Erklärung zum Anschlag auf die Bundesanwaltschaft

RAF Document ID
0019770903_02
Author
RAF
Date
3.9.1977
Source
Originalkopie
Text

alle interpretationen der maschine, mit der wir die bundesanwälte daran hindern wollten, im komfort ihrer büros weiter darüber zu grübeln, wie sie den nächsten mord an einem politischen gefangenen arrangieren, oder die menschenjagd, die schauprozesse, die razzien auf bürger und anwälte, denen wir sympathischer sind, die lügen und die hetze der "offensiven information" zu planen - sind falsch.
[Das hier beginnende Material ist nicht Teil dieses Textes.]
-- ===== src/BootChecks.antt =====
-- lib/bootChecks.js: what a member checks before it signs. The RPC node's answers to one attempt are a
-- parameter for each attempt, and the library's check of the share is another. Log lines are left
-- out; a pause is an entry of a list of delays in ms.
pub mod Rows
pub mod Reads
pub mod Sound
pub mod Delays
pub mod Progress
pub mod Constant
use wax_rng_oracle.Prelude.{
  ℕ, zero, suc, ◌+◌, ◌-◌, ◌*◌, ◌^◌, String, Bool, true, false, not, Option, none, some, List, [],
  ◌∷◌, map, ltb, leb, ◌==◌, text_eq, if◌then◌else◌,
}
use Rows.{
  Code, ConfigRow, Fetched, KeyRow, Lost, OracleRow, PublicKey, Row, Rpc, active_key_malformed,
  active_key_missing, active_key_retired, active_version_invalid, active_version_missing, boot,
  fetch_active_public_key, fetch_oracle_index, got, index_of_row, index_value, is_number,
  key_of_config, key_of_row, key_of_version, key_values, lost, no_row, oracle_index_malformed,
  oracle_not_registered, require, retryable, row, rpc_error, unreachable,
}

-- An entry of `failedChecks`; `share_check` is a name that the library gives.
pub data Check : Type 0 where
  code : Code → Check
  rpc_unreachable oracle_index_mismatch share_config_unparseable : Check
  share_check : String → Check

pub record Status : Type 0 where
  pub ran : Bool
  pub ok : Bool
  pub rpc_reachable : Bool
  pub active_key_found : Bool
  pub oracle_index_matches : Bool
  pub share_consistent : Bool
  pub active_ver : Option ℕ
  pub failed_checks : List Check

abbrev empty_status : Status
empty_status = record {
  ran = false;
  ok = false;
  rpc_reachable = false;
  active_key_found = false;
  oracle_index_matches = false;
  share_consistent = false;
  active_ver = none;
  failed_checks = [];
}

-- `{ ...emptyStatus(), ran: true }`
abbrev pub started : Status
started = record empty_status { ran = true }

-- `resetBootCheckStatus`, from the remembered status to the next.
reset_boot_check_status : Status → Status
reset_boot_check_status last = empty_status

-- `verifyConsistency`: it threw, or `ok` and the names of the checks that failed.
pub data Verified : Type 0 where
  unparseable : Verified
  checked : Bool → List String → Verified

-- How the loop ends: both values were read, an error that is not retried, or the attempts are used up,
-- with the last error.
pub data Ending : Type 0 where
  visible : Status → PublicKey → ℕ → Ending
  unusable : Status → Ending
  not_visible : Status → Option Lost → Ending

pub record Settings : Type 0 where
  pub attempts : ℕ
  pub base_delay : ℕ
  pub max_delay : ℕ

abbrev least : ℕ → ℕ → ℕ
least a b = if leb a b then a else b

-- A configured number that is absent or not positive is replaced by the default.
abbrev or_default : ℕ → Option ℕ → ℕ
or_default d none = d
or_default d (some n) = if n == 0 then d else n

unfoldable pub settings : Option ℕ → Option ℕ → Option ℕ → Settings
settings attempts base_delay max_delay = record {
  attempts = or_default 6 attempts;
  base_delay = or_default 2000 base_delay;
  max_delay = or_default 30000 max_delay;
}

abbrev pub with_key : PublicKey → Status → Status
with_key k st = record st { rpc_reachable = true; active_key_found = true; active_ver = some k.ver }

-- The pause after the attempt `n`, unless it was the last.
abbrev pub pause : Settings → ℕ → List ℕ → List ℕ
pause c n delays =
    if ltb n c.attempts then least c.max_delay (c.base_delay * 2 ^ (n - 1)) ∷ delays else delays

abbrev pub paused : Settings → ℕ → Ending × List ℕ → Ending × List ℕ
paused c n (e, delays) = (e, pause c n delays)

-- The `catch` block of the attempt `n`; `next` is the rest of the loop.
abbrev pub catch_lost :
    Settings → ℕ → Lost → Status → (Status → Option Lost → Ending × List ℕ) → Ending × List ℕ
catch_lost c n rpc_error st next = paused c n (next st (some rpc_error))
catch_lost c n (boot k) st next =
    let again = paused c n (next (record st { rpc_reachable = true }) (some (boot k))) in
    if retryable k
    then again
    else (unusable (record st { rpc_reachable = true; failed_checks = code k ∷ [] }), [])

abbrev pub with_index :
    Settings
    → ℕ
    → PublicKey
    → Fetched ℕ
    → Status
    → (Status → Option Lost → Ending × List ℕ)
    → Ending × List ℕ
with_index c n k (got i) st next = (visible (with_key k st) k i, [])
with_index c n k (lost e) st next = catch_lost c n e (with_key k st) next

abbrev pub attempt :
    Settings
    → ℕ
    → Fetched PublicKey
    → Fetched ℕ
    → Status
    → (Status → Option Lost → Ending × List ℕ)
    → Ending × List ℕ
attempt c n (got k) index st next = with_index c n k index st next
attempt c n (lost e) index st next = catch_lost c n e st next

module _ (c : Settings) (rpc : ℕ → Rpc) (key owner : String) where
  -- The loop with `left` attempts left, from the attempt `n` on.
  pub read_chain : ℕ → ℕ → Status → Option Lost → Ending × List ℕ
  unfolding retryable
  read_chain zero n st last = (not_visible st last, [])
  read_chain (suc left) n st last =
      attempt c n (fetch_active_public_key (rpc n) key) (fetch_oracle_index (rpc n) owner) st
        (read_chain left (n + 1))

abbrev pub verdict : Verified → Status → Status
verdict unparseable st = record st { failed_checks = share_config_unparseable ∷ [] }
verdict (checked true names) st = record st { share_consistent = true; ok = true }
verdict (checked false names) st = record st { failed_checks = map share_check names }

abbrev pub conclude : ℕ → (PublicKey → Verified) → Ending → Status
conclude share_index verify (unusable st) = st
conclude share_index verify (not_visible st none) = record st {
  failed_checks = rpc_unreachable ∷ [];
}
conclude share_index verify (not_visible st (some rpc_error)) = record st {
  failed_checks = rpc_unreachable ∷ [];
}
conclude share_index verify (not_visible st (some (boot k))) = record st {
  failed_checks = code k ∷ [];
}
conclude share_index verify (visible st k i) =
    if i == share_index
    then verdict (verify k) (record st { oracle_index_matches = true })
    else record st { failed_checks = oracle_index_mismatch ∷ [] }

-- The status and the pauses.
unfoldable pub run_boot_checks :
    Settings → (ℕ → Rpc) → String → String → ℕ → (PublicKey → Verified) → Status × List ℕ
unfolding read_chain
run_boot_checks c rpc key owner share_index verify =
    let (e, delays) = read_chain c rpc key owner c.attempts 1 started none in
    (conclude share_index verify e, delays)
es ging nicht um irgendein blutbad - in diesem nest der reaktionären gewalt, das schon in den kommunistenprozessen der fünfziger jahre für faschistische kontinuität auftrat - oder um ein "neues stratagem" oder eine demonstration des "wettrüstens zwischen rivalisierenden guerillas", wie wir lesen mussten.
es ging auch nicht um einen anschlag auf rebmann, obwohl es so aussieht als sei er noch skrupelloser, noch brutaler und ein noch infamerer demagoge als buback.
es ging ganz einfach um eine warnung in der situation, in der über 40 politische gefangene im hungerstreik waren, weil rebmann die zusage, sie in gruppen zu 15 zu konzentrieren, die er als ministerialdirigent im baden-württembergischen justizministerium ausgesprochen hat, als generalbundesanwalt bricht und hintertreibt.

die gruppe, die es in stammheim schon gab, ist kleiner statt grösser, und die gefangenen sind jetzt - nach fünf jahren isolation - wieder total voneinander getrennt, obwohl ärzte, amnesty international, der weltkirchenrat, die liga für menschenrechte und die vereinigung demokratischer juristen ihre zusammenlegung fordern, weil isolation krank macht und auf die dauer zum tod führt - d.h. als haftform folter und damit menschenrechtswidrig ist.
wir gehen davon aus, dass mit der totalen isolation der gefangenen der hungerstreik provoziert werden sollte, den rebmann, der es nötig hat, sich nach bubacks amtsenthebung wegen der morde an holger, ulrike und siegfried zu profilieren, dazu benutzen will, um jetzt andreas, gudrun und jan hinzurichten.
die entscheidung der gefangenen, ihren hunger- und durststreik jetzt zu unterbrechen, halten wir für richtig und wir bitten sie, ihn solange nicht wiederaufzunehmen, bis wir wissen, ob das bigotte mörderkartell aus justizministern, richtern, staatsanwälten und bullen gegenüber den mitteln, die wir haben und einsetzen können, so arrogant bleiben kann wie gegenüber den waffen von gefangenen.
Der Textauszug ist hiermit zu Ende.